In den folgenden Jahren konzentrierten sich Aktivitäten vor allem auf den Innenausbau. Die östlichen Vorhallen entstanden 1438. Die im Jahr 1458 begonnene Einwölbung der Seitenschiffe war nur durch massive Spenden der Familien Besserer und Wespach möglich geworden. Die Funk-Kapelle machte den Anfang einer Reihe von Kapellenstiftungen in der Basilika. So kamen 1476 die Vöhlin-Kapelle und 1482 die Zwicker-Kapelle hinzu. 1489–1491 konnte durch den Abbruch zweier Häuser in der Zangmeisterstraße das Langhaus um zwei Joche erweitert werden. Da die Memminger Baumeister mit dieser heiklen Aufgabe überfordert waren, konnte der Rat der Stadt den Ulmer Baumeister Matthäus Böblinger gewinnen. Von 1496 bis 1500 wurde der Chor neu errichtet und damit die größte Stadtpfarrkirche zwischen Bodensee und Lech vollendet.
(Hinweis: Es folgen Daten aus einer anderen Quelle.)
-- ===== src/Mining/Engine/Share.antt =====
-- That the fee's share of the blocks stays within its bounds (`stamp_and_count_hits` and
-- `select_payout_salt` of src/mining/cuda_engine.cpp).
use xnminer.Base.{
  ℕ, ◌+◌, ◌*◌, ◌≤◌, ◌≡◌, Bool-cases, inl, inr, Bool, true, false, List, [], ◌∷◌, All, arith,
}
use native.Mathlib.Nat.{mul-add}
use xnminer.Config.Load.{ServerSettings, MiningSettings}
use xnminer.Mining.Engine.{Engine, begin_batch, same_address}
use xnminer.Mining.Engine.Batch.{run_batch, mine_batch}
use xnminer.Mining.Engine.Stamps.{match_count, run_batch-Mines}
use xnminer.Mining.Engine.Fees.{
  Round, hits_of, mine_all, fee_count, user_count, counts-append, InCycle, begin_batch-SameCounts,
}
use xnminer.Mining.Engine.Cycle.{times_mono, InCycle-same, InCycle-eq, Mines-InCycle}

-- Each batch has at most `k` matches.
abbrev pub AtMost : ℕ → List Round → Type 0
AtMost k rounds = All (λ r. match_count r.results ≤ k) rounds

mine_batch-InCycle :
    (add_hs : ℕ → ℕ → ℕ) (positive : ℕ → Bool) (sv : ServerSettings) (ms : MiningSettings) (k : ℕ)
    (r : Round) (users fees : ℕ) (e : Engine)
    → sv.dev_fee ≡ true
    → same_address sv ≡ false
    → match_count r.results ≤ k
    → InCycle k users fees e
    → let (o, last) = mine_batch add_hs positive sv ms r.ready r.minute r.now r.results e in
      InCycle k (users + user_count (hits_of o)) (fees + fee_count (hits_of o)) last
unfolding mine_batch
mine_batch-InCycle add_hs positive sv ms k r users fees e on other le c =
    elim (Bool-cases r.ready) [
      | inl ready ↦
          let b = begin_batch sv ms r.minute e in
          rw ready (
            Mines-InCycle sv k users fees b
              (run_batch add_hs positive sv ms r.minute r.now r.results e) (match_count r.results)
              on le
              (InCycle-same k users fees e b (begin_batch-SameCounts sv ms r.minute e on other) c)
              (run_batch-Mines add_hs positive sv ms r.minute r.now r.results e))
      | inr idle ↦ rw idle (InCycle-eq (omega arith) (omega arith) c)
    ]

mine_all-InCycle :
    (add_hs : ℕ → ℕ → ℕ) (positive : ℕ → Bool) (sv : ServerSettings) (ms : MiningSettings) (k : ℕ)
    (rounds : List Round) (users fees : ℕ) (e : Engine)
    → sv.dev_fee ≡ true
    → same_address sv ≡ false
    → AtMost k rounds
    → InCycle k users fees e
    → let (hits, last) = mine_all add_hs positive sv ms rounds e in
      InCycle k (users + user_count hits) (fees + fee_count hits) last
unfolding mine_all
mine_all-InCycle add_hs positive sv ms k [] users fees e on other le c =
    InCycle-eq (omega arith) (omega arith) c
mine_all-InCycle add_hs positive sv ms k (r ∷ rounds) users fees e on other le c =
    let m = mine_batch add_hs positive sv ms r.ready r.minute r.now r.results e in
    let (hits, last) = mine_all add_hs positive sv ms rounds m.1 in
    let n = counts-append (hits_of m.0) hits in
    InCycle-eq (omega (arith, n.1)) (omega (arith, n.0)) (
      mine_all-InCycle add_hs positive sv ms k rounds _ _ m.1 on other le.1
        (mine_batch-InCycle add_hs positive sv ms k r users fees e on other le.0 c))

InCycle-bounds :
    (k users fees : ℕ) (e : Engine)
    → InCycle k (0 + users) (0 + fees) e
    → (99 * fees ≤ k * users) × (users ≤ (98 + k) * (fees + 1))
InCycle-bounds k users fees e c = (
  omega (arith, c.enough, times_mono k c.closed users (omega (arith, c.all_users))),
  omega (arith, c.few, c.all_users, mul-add (98 + k) fees 1, at_most),
)
  where
    at_most : e.user_finds_in_cycle ≤ 98 + k
    at_most = ground (arith, c.turn)

-- The counters at the beginning, as the engine is built.
abbrev pub Fresh : Engine → Type 0
Fresh e = (e.mining_fee ≡ false) × (e.user_finds_in_cycle ≡ 0) × (e.fee_finds_in_cycle ≡ 0)

-- Where the fee is on and the user is not its receiver, and no batch has more than `k` matches, then
-- after any sequence of batches from a fresh engine, some of which may have failed, the fee has at
-- most `k` blocks for every 99 of the user, and the user has at most `98 + k` blocks for each block
-- of the fee, and for the one that is due.
pub mine_all-fees :
    (add_hs : ℕ → ℕ → ℕ) (positive : ℕ → Bool) (sv : ServerSettings) (ms : MiningSettings) (k : ℕ)
    (rounds : List Round) (e : Engine)
    → sv.dev_fee ≡ true
    → same_address sv ≡ false
    → AtMost k rounds
    → Fresh e
    → let hits = (mine_all add_hs positive sv ms rounds e).0 in
      (99 * fee_count hits ≤ k * user_count hits)
      × (user_count hits ≤ (98 + k) * (fee_count hits + 1))
mine_all-fees add_hs positive sv ms k rounds e on other le fresh = InCycle-bounds k _ _ _ (
    mine_all-InCycle add_hs positive sv ms k rounds 0 0 e on other le (record {
      none_open = fresh.2;
      closed = 0;
      all_users = omega (arith, fresh.1);
      enough = omega arith;
      few = omega arith;
      turn = inr (fresh.0, omega (arith, fresh.1));
    }))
Pfarrkirche und Reformation
Blick von der Orgelempore in das Kirchenschiff mit Kanzel und Hochaltar
Unter dem Schweizer Prediger Christoph Schappeler verbreitete sich in Memmingen ab 1524 die Reformation. Schappeler hatte eine gut dotierte Predigerstelle der Vöhlin-Kapelle in St. Martin inne und vollzog in diesem Jahr erstmals in deutscher Sprache die Taufe. Zusammen mit Lindau, Konstanz und Straßburg legte die zunächst zwinglianisch orientierte Stadt auf dem Augsburger Reichstag 1530 ein Sonderbekenntnis vor, die Confessio Tetrapolitana (Vierstädtebekenntnis).

Ein Stadtratsbeschluss aus dem Jahr 1531, der besagte, dass sämtliche kirchlichen Kultgegenstände aus den Kirchen der Stadt verschwinden mussten, führte zum größten Verlust an Ausstattungselementen von St. Martin. Die Kirche verlor 21 Seitenaltäre und den spätgotischen Hochaltar im Chorraum. Von der Einrichtung des Hochchores verblieb nur das Chorgestühl.

Zur lutherischen Lehre bekannte sich die Stadt im Jahr 1532 durch die Übernahme der Augsburger Konfession. Endgültig wurde Memmingen und damit auch St. Martin 1536 durch die Annahme der Wittenberger Konkordie der lutherischen Lehre verpflichtet.